● **What needs to be done**
With the string "drains" as the filter, copy each matching line from the records.

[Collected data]
+ + + + + + +

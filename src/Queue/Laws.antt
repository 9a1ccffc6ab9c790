-- ===== src/Queue/Laws.antt =====
-- The queue of src/request_queue.cpp over any sequence of calls.
use drogon_r.Prelude.{
  inr, ◌≤◌, ◌<◌, ◌≡◌, sym, ◌∙◌, true, false, List, [], ◌∷◌, ◌++◌, append-nil, append_assoc, arith,
  length, length-append, if◌then◌else◌, ◌⊎◌,
}
use drogon_r.Queue.{QueueState, enqueue_request, drain_queue, notify_dispatcher}

module _ {A : Type 0} where
  -- A request is accepted exactly when the queue has no limit or is below it. An accepted request
  -- goes to the end; a refused one changes nothing.
  pub enqueue_request_cases :
      (req : A) (q : QueueState A)
      → ((q.queue_max_size ≡ 0) ⊎ (length q.queue < q.queue_max_size))
          × (enqueue_request req q
              ≡ (notify_dispatcher (record q { queue = q.queue ++ req ∷ [] }), true))
        ⊎ (0 < q.queue_max_size)
          × (q.queue_max_size ≤ length q.queue)
          × (enqueue_request req q ≡ (q, false))
  unfolding enqueue_request
  enqueue_request_cases req q = ground arith

-- The calls of a run: an I/O thread's `enqueueRequest` and the dispatcher's `drainQueue`.
pub data Call (A : Type 0) : Type 0 where
  enqueues : A → Call A
  drains : Call A

-- The state after a run, what was accepted and what was drained, each in its order.
pub record Run (A : Type 0) : Type 0 where
  pub state : QueueState A
  pub accepted : List A
  pub drained : List A

module _ {A : Type 0} where
  unfoldable pub call : Call A → Run A → Run A
  call (enqueues req) r =
      let (q, taken) = enqueue_request req r.state in
      record r { state = q; accepted = if taken then r.accepted ++ req ∷ [] else r.accepted }
  call drains r =
      let (q, items) = drain_queue r.state in record r { state = q; drained = r.drained ++ items }

  unfoldable pub run : List (Call A) → Run A → Run A
  run [] r = r
  run (c ∷ cs) r = run cs (call c r)

  pub record IsOrdered (r : Run A) : Type 0 where
    pub order : r.drained ++ r.state.queue ≡ r.accepted
    pub bound : (r.state.queue_max_size ≡ 0) ⊎ (length r.state.queue ≤ r.state.queue_max_size)

  enqueue-IsOrdered : (req : A) (r : Run A) → IsOrdered r → IsOrdered (call (enqueues req) r)
  unfolding call enqueue_request
  enqueue-IsOrdered req r h = ground (
    arith,
    sym (append_assoc r.drained r.state.queue (req ∷ [])),
    length-append r.state.queue (req ∷ []),
  )

  drain-IsOrdered : (r : Run A) → IsOrdered r → IsOrdered (call drains r)
  unfolding call drain_queue
  drain-IsOrdered r h = record {
    order = append-nil (r.drained ++ r.state.queue) ∙ h.order;
    bound = inr (omega arith);
  }

  call-IsOrdered : (c : Call A) (r : Run A) → IsOrdered r → IsOrdered (call c r)
  call-IsOrdered (enqueues req) r h = enqueue-IsOrdered req r h
  call-IsOrdered drains r h = drain-IsOrdered r h

  run-IsOrdered : (cs : List (Call A)) (r : Run A) → IsOrdered r → IsOrdered (run cs r)
  unfolding run
  run-IsOrdered [] r h = h
  run-IsOrdered (c ∷ cs) r h = run-IsOrdered cs (call c r) (call-IsOrdered c r h)

-- After any calls on an empty queue, the requests drained so far followed by those still queued are
-- the accepted requests in the order of acceptance, and a limited queue is within its limit.
pub run-order :
    {A : Type 0} (cs : List (Call A)) (q : QueueState A)
    → q.queue ≡ []
    → IsOrdered (run cs (record { state = q; accepted = []; drained = [] }))
run-order cs q e = run-IsOrdered cs _ (record { order = e; bound = inr (rw e (omega arith)) })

+ + + + + + +

● **Task result**
  drains : Call A
  call drains r =
  drain-IsOrdered : (r : Run A) → IsOrdered r → IsOrdered (call drains r)
  call-IsOrdered drains r h = drain-IsOrdered r h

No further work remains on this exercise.